We are just two miles from Nantes. The hospital grounds is the centuries old Chateau grounds. Our wards are similar to Camp Gordon, only not quite so large. As yet we do not get the patients direct from the front, but will later. Our nurses' quarters are far better than we expected, two to a room and Hanson and I are together. The weather is grand and I am sitting with my heavy coat on, but you know my failing for cold anyway; I'm hoping this "outdoor life" will help me get over that. We had no excitement whatever coming over...We were in Paris for three hours and saw a great deal of the city riding in the Red Cross ambulance. It is far above my expectations.
When we left New York, the heat was terrible, but after we got on the water, it was grand and cool. I'm keeping my eyes open for someone I know but haven't met anyone. Met several from the Rainbow Division and also a Galesburg boy named McCinnis. It would do your soul good to see how the boys (Americans) flock to see an American girl if only to say "hello." All the women over here smoke just as the men do.
There are three base hospital units here (No. 11, 38 and 34 which will come later). What a hellish thing war is; the more I see here the less I like to write or think of them. I couldn't help but smile at one poor fellow who was telling of a boy in their company who was out of a pair of shoes and asked his captain if he might go over and take a pair of Fritz. He gained permission all right but stayed over in Fritz's territory a rather long time and when he got back, they asked him what had kept him. "Well," he said, "I had to kill nineteen before I could get a pair to fit." Oh, I could write and write but our mail censor asked us to "have a heart" for him so I'll try to not make too rambling a litter...Edna Salter.
A huge walnut tree was cut down at Rushville and it is estimated that it would make 1,200 feet of lumber and will be used in making gun stocks for use in the war.
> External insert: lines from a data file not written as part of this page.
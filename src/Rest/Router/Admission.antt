-- ===== src/Rest/Router/Admission.antt =====
-- What a request must pass before the state of the application can change (src/api/rest/router.ts).
use bapc_vpn_and_digital_sec.Base.{
  ℕ, String, ◌≡◌, refl, ◌∙◌, ◌⊎◌, inl, inr, Option, none, some, List, arith, number_eq, string_eq,
  Bool-cases, is_empty,
}
use bapc_vpn_and_digital_sec.Json.{Json}
use bapc_vpn_and_digital_sec.Rest.Replay.{Answer, done, fails}
use bapc_vpn_and_digital_sec.Rest.Idempotency.{
  StoredResponse, IdempotencyRow, with_key, with_idempotency,
}
use bapc_vpn_and_digital_sec.Rest.Router.{
  Context, RawResponse, Outcome, gives, throws, Handler, json_handler, raw_handler, Route, Exchange,
  Platform, cors_headers,
}
use bapc_vpn_and_digital_sec.Rest.Router.Handle.{
  answered, run, kept_rows, without_rows, raw_response, answer,
}

module _ {S : Type 0} (compute : S → Answer StoredResponse × S) (now ttl : ℕ) where
  with_key_state :
      (key actor hash : String) (rows : List IdempotencyRow) (s : S)
      → ((with_key compute now ttl key actor hash rows s).2 ≡ s)
        ⊎ ((with_key compute now ttl key actor hash rows s).2 ≡ (compute s).1)
  unfolding with_key
  with_key_state key actor hash rows s = ground arith

  with_idempotency_state :
      (key : Option String) (actor hash : String) (rows : List IdempotencyRow) (s : S)
      → ((with_idempotency compute now ttl key actor hash rows s).2 ≡ s)
        ⊎ ((with_idempotency compute now ttl key actor hash rows s).2 ≡ (compute s).1)
  unfolding with_idempotency
  with_idempotency_state none actor hash rows s = inr refl
  with_idempotency_state (some key) actor hash rows s = elim (Bool-cases (is_empty key)) [
    | inl e ↦ rw e (inr refl)
    | inr e ↦ rw e (with_key_state key actor hash rows s)
  ]

-- the state that a handler leaves
abbrev pub after_handler : {S : Type 0} → Handler S → Context → S → S
after_handler (json_handler h) context s = (h context s).1
after_handler (raw_handler h) context s = (h context s).1

module _ (env : Platform) (now : ℕ) (id : String) {S : Type 0} where
  answered_state : (r : Outcome Json × S) → (answered env now id r).1 ≡ r.1
  answered_state (gives v, s) = refl
  answered_state (throws e, s) = refl

  run_state :
      (h : Context → S → Outcome Json × S) (context : Context) (s : S)
      → (run env now id h context s).1 ≡ (h context s).1
  run_state h context s = answered_state (h context s)

  kept_state :
      (x : Exchange S) (r : Answer StoredResponse × List IdempotencyRow × S)
      (cors : List (String × String))
      → (kept_rows env now id x cors r).1.app ≡ r.2
  kept_state x (done r, rows, s) cors = refl
  kept_state x (fails e, rows, s) cors = refl

  plain_state :
      (x : Exchange S) (r : Answer StoredResponse × S) (cors : List (String × String))
      → (without_rows env now id x cors r).1.app ≡ r.1
  plain_state x (a, s) cors = refl

  raw_state :
      (x : Exchange S) (r : Outcome RawResponse × S) (cors : List (String × String))
      → (raw_response env now id x cors r).1.app ≡ r.1
  raw_state x (gives r, s) cors = refl
  raw_state x (throws e, s) cors = refl

  rows_state :
      (h : Context → S → Outcome Json × S) (context : Context) (x : Exchange S)
      (key : Option String) (actor hash : String) (cors : List (String × String))
      → let r =
          with_idempotency
            (run env now id h context)
            now
            86400000
            key
            actor
            hash
            x.responses
            x.app in
        ((kept_rows env now id x cors r).1.app ≡ x.app)
        ⊎ ((kept_rows env now id x cors r).1.app ≡ (h context x.app).1)
  rows_state h context x key actor hash cors =
      let r =
        with_idempotency (run env now id h context) now 86400000 key actor hash x.responses x.app in
      elim (with_idempotency_state (run env now id h context) now 86400000 key actor hash
        x.responses x.app) [
          | inl q ↦ inl (kept_state x r cors ∙ q)
          | inr q ↦ inr (kept_state x r cors ∙ q ∙ run_state h context x.app)
        ]

  -- the answer leaves the state of the application or runs the handler on it, once
  pub answer_state :
      (route : Route S) (context : Context) (x : Exchange S)
      → ((answer env now id route context x).1.app ≡ x.app)
        ⊎ ((answer env now id route context x).1.app ≡ after_handler route.handler context x.app)
  unfolding answer
  answer_state route context x = split route.handler refl
    where
      split :
          (h : Handler S)
          → route.handler ≡ h
          → ((answer env now id route context x).1.app ≡ x.app)
            ⊎ ((answer env now id route context x).1.app ≡ after_handler h context x.app)
      split (raw_handler h) e =
          rw e (inr (raw_state x (h context x.app) (cors_headers context.request)))
      split (json_handler h) e = elim (Bool-cases route.options.idempotent) [
        | inl i ↦
            rw (e, i)
              (rows_state h context x context.request.idempotency_key context.claims.sub
                (env.hash_body context.body) (cors_headers context.request))
        | inr i ↦
            rw (e, i)
              (inr (
                plain_state x (run env now id h context x.app) (cors_headers context.request)
                ∙ run_state h context x.app))
      ]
C.L.Young and wife have sold the Tremont Hotel at LaHarpe to Major Bright of Galesburg; Mrs. Bright is a sister of James Wolfe of Stronghurst. George Chant has received word that his nephew Lieut. Earl Chant, who was a member of the British Royal Flying Squadron and who was reported in May as having been made a prisoner by Germans, was reported as having died from wounds.
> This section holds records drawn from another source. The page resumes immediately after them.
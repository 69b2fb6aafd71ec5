-- ===== src/Rest/Router/Guards.antt =====
-- What a request must pass before the state of the application can change (src/api/rest/router.ts).
use bapc_vpn_and_digital_sec.Base.{
  ℕ, String, ◌≡◌, refl, ap, ◌∙◌, ◌⊎◌, inl, inr, Bool, true, some, List, [], arith, number_eq,
  string_eq, Bool-cases, Option-cases,
}
use bapc_vpn_and_digital_sec.Json.{Json}
use bapc_vpn_and_digital_sec.Rest.Replay.{HttpError, Answer, done, fails, enforce}
use bapc_vpn_and_digital_sec.Rest.RateLimit.{check}
use bapc_vpn_and_digital_sec.Rest.Path.{keys_of}
use bapc_vpn_and_digital_sec.Rest.Http.{Thrown, Request, Response, read_json}
use bapc_vpn_and_digital_sec.Rest.Router.{
  Caller, Outcome, gives, throws, Route, Exchange, Platform, find_route, path_of, decode_params,
}
use bapc_vpn_and_digital_sec.Rest.Router.Handle.{
  params_of, identify, rule_of, limit_key, pass_limit, pass_replay, read_and_answer,
  limit_and_answer, Params, context_of, serve, counted, dispatch, finish, handle,
}
use bapc_vpn_and_digital_sec.Rest.Router.Admission.{after_handler, answer_state}

Outcome-cases :
    {A : Type 0} (o : Outcome A) → ((e : Thrown) × (o ≡ throws e)) ⊎ ((a : A) × (o ≡ gives a))
Outcome-cases (throws e) = inl (e, refl)
Outcome-cases (gives a) = inr (a, refl)

pub Answer-cases :
    {A : Type 0} (o : Answer A) → ((e : HttpError) × (o ≡ fails e)) ⊎ ((a : A) × (o ≡ done a))
Answer-cases (fails e) = inl (e, refl)
Answer-cases (done a) = inr (a, refl)

module _ (env : Platform) (now : ℕ) (id : String) {S : Type 0} where
  -- what `read_and_answer` does to the state, from an exchange `y` with the state `s`
  abbrev pub Answered : Request → Route S → Params → Caller → S → S → Type 0
  Answered req route params caller s after =
      (body : Json) × (read_json env.parse_json req ≡ done body)
      × (after ≡ after_handler route.handler (context_of req caller body params) s)

  read_state :
      (req : Request) (route : Route S) (params : Params) (caller : Caller) (y : Exchange S)
      → let after = (read_and_answer env now id req route params caller y).1.app in
        (after ≡ y.app) ⊎ Answered req route params caller y.app after
  unfolding read_and_answer
  read_state req route params caller y = elim (Answer-cases (read_json env.parse_json req)) [
    | inl (e, r) ↦ rw r (inl refl)
    | inr (body, r) ↦ elim (answer_state env now id route (context_of req caller body params) y) [
      | inl h ↦ rw r (inl h)
      | inr h ↦ rw r (inr (body, refl, h))
    ]
  ]

  -- the nonce is accepted where the route asks for one
  abbrev pub NonceAccepted : Request → Route S → Exchange S → Type 0
  NonceAccepted req route x =
      route.options.replay_protected ≡ true
      → (enforce env.claim now req.nonce 300000 x.nonces).0 ≡ done tt

  abbrev pub is_within_limit : Request → Route S → Caller → Exchange S → Bool
  is_within_limit req route caller x =
      (check (limit_key env now id caller route (path_of req)) (rule_of env now id route) now
        x.hits).0.allowed

  replay_state :
      (req : Request) (route : Route S) (x : Exchange S)
      → ((pass_replay env now id route req x).1.app ≡ x.app)
        × (((e : Thrown) × ((pass_replay env now id route req x).0 ≡ throws e))
            ⊎ (((pass_replay env now id route req x).0 ≡ gives tt) × NonceAccepted req route x))
  unfolding pass_replay
  replay_state req route x = elim (Bool-cases route.options.replay_protected) [
    | inr e ↦ rw e (refl, inr (refl, λ h. cc))
    | inl e ↦ elim (Answer-cases (enforce env.claim now req.nonce 300000 x.nonces).0) [
      | inl (f, h) ↦ rw (e, h) (refl, inl (_, refl))
      | inr (tt, h) ↦ rw (e, h) (refl, inr (refl, λ _. refl))
    ]
  ]

  -- the exchange once the hit is recorded
  abbrev pub charged : Request → Route S → Caller → Exchange S → Exchange S
  charged req route caller x = record x {
    hits =
        (check (limit_key env now id caller route (path_of req)) (rule_of env now id route) now
          x.hits).1;
  }

  limit_state :
      (req : Request) (route : Route S) (params : Params) (caller : Caller) (x : Exchange S)
      → let after = (limit_and_answer env now id req route params caller x).1.app in
        (after ≡ x.app)
        ⊎ ((is_within_limit req route caller x ≡ true)
            × NonceAccepted req route x
            × Answered req route params caller x.app after)
  unfolding limit_and_answer pass_limit
  limit_state req route params caller x = elim (Bool-cases (is_within_limit req route caller x)) [
    | inr e ↦ rw e (inl refl)
    | inl e ↦
        let y = charged req route caller x in
        let (kept, passed) = replay_state req route y in
        elim passed [
          | inl (f, h) ↦ rw (e, h) (inl kept)
          | inr (h, nonce) ↦
              elim (read_state req route params caller (pass_replay env now id route req y).1) [
                | inl same ↦ rw (e, h) (inl (same ∙ kept))
                | inr answered ↦ rw (e, h) (inr (refl, nonce, rw kept at answered))
              ]
        ]
  ]

  -- The request passed every guard of the route, and `after` is what the handler leaves.
  abbrev pub Admitted : Request → Exchange S → Route S × List String → S → Type 0
  Admitted req x (route, groups) after =
      (params : Params) × (caller : Caller) × (params_of
          (decode_params env.decode_uri (keys_of route.pattern) groups)
        ≡ gives params)
      × (identify env now id route req ≡ gives caller)
      × (is_within_limit req route caller x ≡ true)
      × NonceAccepted req route x
      × Answered req route params caller x.app after

  serve_state :
      (req : Request) (x : Exchange S) (route : Route S) (groups : List String)
      → let after = (serve env now id req (route, groups) x).1.app in
        (after ≡ x.app) ⊎ Admitted req x (route, groups) after
  unfolding serve
  serve_state req x route groups =
      elim (Outcome-cases
        (params_of (decode_params env.decode_uri (keys_of route.pattern) groups))) [
          | inl (e, p) ↦ rw p (inl refl)
          | inr (params, p) ↦ elim (Outcome-cases (identify env now id route req)) [
            | inl (e, q) ↦ rw (p, q) (inl refl)
            | inr (caller, q) ↦ elim (limit_state req route params caller x) [
              | inl h ↦ rw (p, q) (inl h)
              | inr h ↦ rw (p, q) (inr (params, caller, refl, refl, h.0, h.1, h.2))
            ]
          ]
        ]

  finish_state :
      (req : Request) (r : Outcome Response × Exchange S)
      → (finish env now id req r).1.app ≡ r.1.app
  finish_state req (gives r, x) = refl
  finish_state req (throws e, x) = refl

  dispatch_state :
      (routes : List (Route S)) (req : Request) (x : Exchange S)
      → let after = (dispatch env now id routes req x).1.app in
        (after ≡ x.app)
        ⊎ ((found : Route S × List String) × (find_route routes req.method (path_of req)
              ≡ some found)
            × Admitted req x found after)
  unfolding dispatch
  dispatch_state routes req x = elim (Option-cases (find_route routes req.method (path_of req))) [
    | inl e ↦ rw (e, dispatch) (inl refl)
    | inr ((route, groups), e) ↦ elim (serve_state req (counted env now id req x) route groups) [
      | inl h ↦ rw (e, dispatch) (inl h)
      | inr h ↦ rw (e, dispatch) (inr ((route, groups), refl, h))
    ]
  ]

  handle_cases :
      (expose_metrics : Bool) (routes : List (Route S)) (req : Request) (x : Exchange S)
      → ((handle env now id expose_metrics routes req x).1.app ≡ x.app)
        ⊎ (handle env now id expose_metrics routes req x
            ≡ finish env now id req
                (dispatch env now id routes req (record x { set_headers = [] })))
  unfolding handle
  handle_cases expose_metrics routes req x = ground arith

  -- A request changes the state of the application at most as follows: it is for a registered route with
  -- its method and path, its parameters decode, it is identified as the route asks (with one of the
  -- route's roles, or the route is public), it is within the rate limit of that caller, its nonce is
  -- accepted where the route asks for one, its body is read, and then the state is what the route's
  -- handler leaves for that caller, that body and those parameters, run once.
  pub handle_guarded :
      (expose_metrics : Bool) (routes : List (Route S)) (req : Request) (x : Exchange S)
      → let after = (handle env now id expose_metrics routes req x).1.app in
        (after ≡ x.app)
        ⊎ ((found : Route S × List String) × (find_route routes req.method (path_of req)
              ≡ some found)
            × Admitted req x found after)
  unfolding handle
  handle_guarded expose_metrics routes req x =
      let fresh = record x { set_headers = [] } in
      elim (handle_cases expose_metrics routes req x) [
        | inl h ↦ inl h
        | inr h ↦
            rw (ap (λ r. r.1.app) h ∙ finish_state req (dispatch env now id routes req fresh))
              (dispatch_state routes req fresh)
      ]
LETTER FROM JOE BAXTER:-I had my chance at the "Boche (Germans)." I sure had many souvenirs but lost them all and I can account for 5 Dutchmen so that isn't so bad I think. They dropped a high explosive shell and I was blown about 50 feet and came too in the hospital and surely was a sick man. My eyes are not well by any means either from the mustard gas. It is a gay life and we sure got them going. Don't think they will want much more of it. No need to worry for sometime as I don't think I will go to the front. Will write often now; couldn't before on account of eyes. I was talking to the Sergeant in command of the machine gun section that "Red" Gordon from Oquawka was in; will try to find him....Corp. Joe M. Baxter, Co.I 168th U.S. Inf. A.R.F.